Священные темы

Священные темы… академическая живопись… Путь художника

Александр Королев

На выставке живописи и графики Дмитрия Марголина «Ночное плавание» представлено девятнадцать картин маслом и тридцать офортов. Большинство этих произведений выполнено в самое последнее время, и, на первый взгляд, это единственное, что их объединяет. Центральная группа из трех больших картин представляет собой монументальную живописную аллюзию на древне-египетскую «Книгу мертвых». Здесь можно видеть, как художник переводит на язык своего искусства иконографические и сюжетные схемы древней мифологии и связанного с ней стиля. Другую группу произведений легко описать с помощью традиционного понятия бытовой жанр. В ней даны изображения людей, погруженных в быт со всеми присущими ему натуралистическими атрибутами и характеристиками. Эти живописные вещи, как, например, изображение женщины с больной ногой, выглядят в социальном плане достаточно злободневно. На выставке представлен еще ряд картин, имеющих условный и отвлеченный характер. Таково полотно с авторским названием «Обращение». Здесь происходящее показано вне времени и пространства, в среде, ни к чему реальному не привязанной. Хотелось бы привлечь внимание зрителя к картине, которая имеет отчасти иллюстративный характер. Это большое полотно «Новые имена», созданное по мотивам повести Солженицына «Один день из жизни Ивана Денисовича». На нем изображена группа заключенных, собранных для обновления их тюремных номеров.

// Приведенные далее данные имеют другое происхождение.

-- ===== src/Wg/Connection/Concurrent.antt =====
-- pkg/wg/connection.go, `Wireguard.Close`, called by several goroutines: a step below is one atomic
-- operation of one of them. A closer counts as called when its call is over and its error has been
-- joined to `err`, which only the call of `Close` that runs the loop assigns; a load of `err` by
-- another call, which the code does not synchronise with the assignment, sees it before or behind.
pub mod Sharing
use mathlib.Core.List.{reverse}
use point_c.Base.{◌≡◌, Bool, true, false, Option, none, List, [], ◌∷◌, ◌++◌, GoError, join}
use point_c.Wg.Options.{Closer}

-- `close` is set, and its pointer points to `err`; the closers that are left, the next one first;
-- and those that have been called.
pub record Shared : Type 0 where
  pub is_set : Bool
  pub err : Option GoError
  pub pending : List Closer
  pub called : List Closer

-- A call of `Close`: in front of the compare-and-swap; in the loop; in front of the load of the
-- error, for the call that runs the loop and for another; or returned.
pub data Caller : Type 0 where
  entering : Caller
  looping : Caller
  loading : Bool → Caller
  returned : Bool → Option GoError → Caller

unfoldable pub enter : Shared → Shared × Caller
enter d = elim d.is_set [
  | true ↦ (d, loading false)
  | false ↦ (record d { is_set = true }, looping)
]

module _ (run : Closer → Option GoError) where
  -- One round of the loop, or its end.
  unfoldable pub call_next : Shared → Shared × Caller
  call_next d = elim d.pending [
    | [] ↦ (d, loading true)
    | c ∷ cs ↦
        (record d { err = join d.err (run c); pending = cs; called = d.called ++ c ∷ [] }, looping)
  ]

  unfoldable pub caller_step : Shared → Caller → Shared × Caller
  unfolding enter call_next
  caller_step d entering = enter d
  caller_step d looping = call_next d
  caller_step d (loading first) = (d, returned first d.err)
  caller_step d (returned first e) = (d, returned first e)

  pub record System : Type 0 where
    pub shared : Shared
    pub callers : List Caller

  -- A goroutine makes a step, or another one calls `Close`.
  pub data Step (s : System) (s' : System) : Type 0 where
    step :
        (before after : List Caller) (t : Caller)
        → s.callers ≡ before ++ t ∷ after
        → s' ≡ record {
          shared = (caller_step s.shared t).0;
          callers = before ++ (caller_step s.shared t).1 ∷ after;
        }
        → Step s s'
    call : s' ≡ record s { callers = entering ∷ s.callers } → Step s s'

  pub data Reach (s : System) : System → Type 0 where
    here : Reach s s
    next : {t u : System} → Reach s t → Step t u → Reach s u

  -- An interface that `New` returned with these closers.
  abbrev pub opened : List Closer → System
  opened closers = record {
    shared = record { is_set = false; err = none; pending = reverse closers; called = [] };
    callers = [];
  }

В нашем беглом описании намеренно сделан акцент на разнообразии и разноголосице мотивов и жанров в творчестве Марголина, но нужно это только для того, чтобы подчеркнуть наличие в этих картинах общности, объединяющей их в единый цикл. При более внимательном восприятии эта общность обнаруживается в неоднозначности соотношения названия и изображения, что характерно для многих из представленных картин. Так, например, в одной из них показана драка двух мужчин на окраине города, где-то на затерявшемся среди новостроек пустыре. В картине есть все признаки того, что перед нами сцена из современной жизни, однако ее название – «Каин и Авель» – прямо указывает на библейский сюжет. В руках «победителя» огромный камень, который вот-вот должен стать орудием убийства.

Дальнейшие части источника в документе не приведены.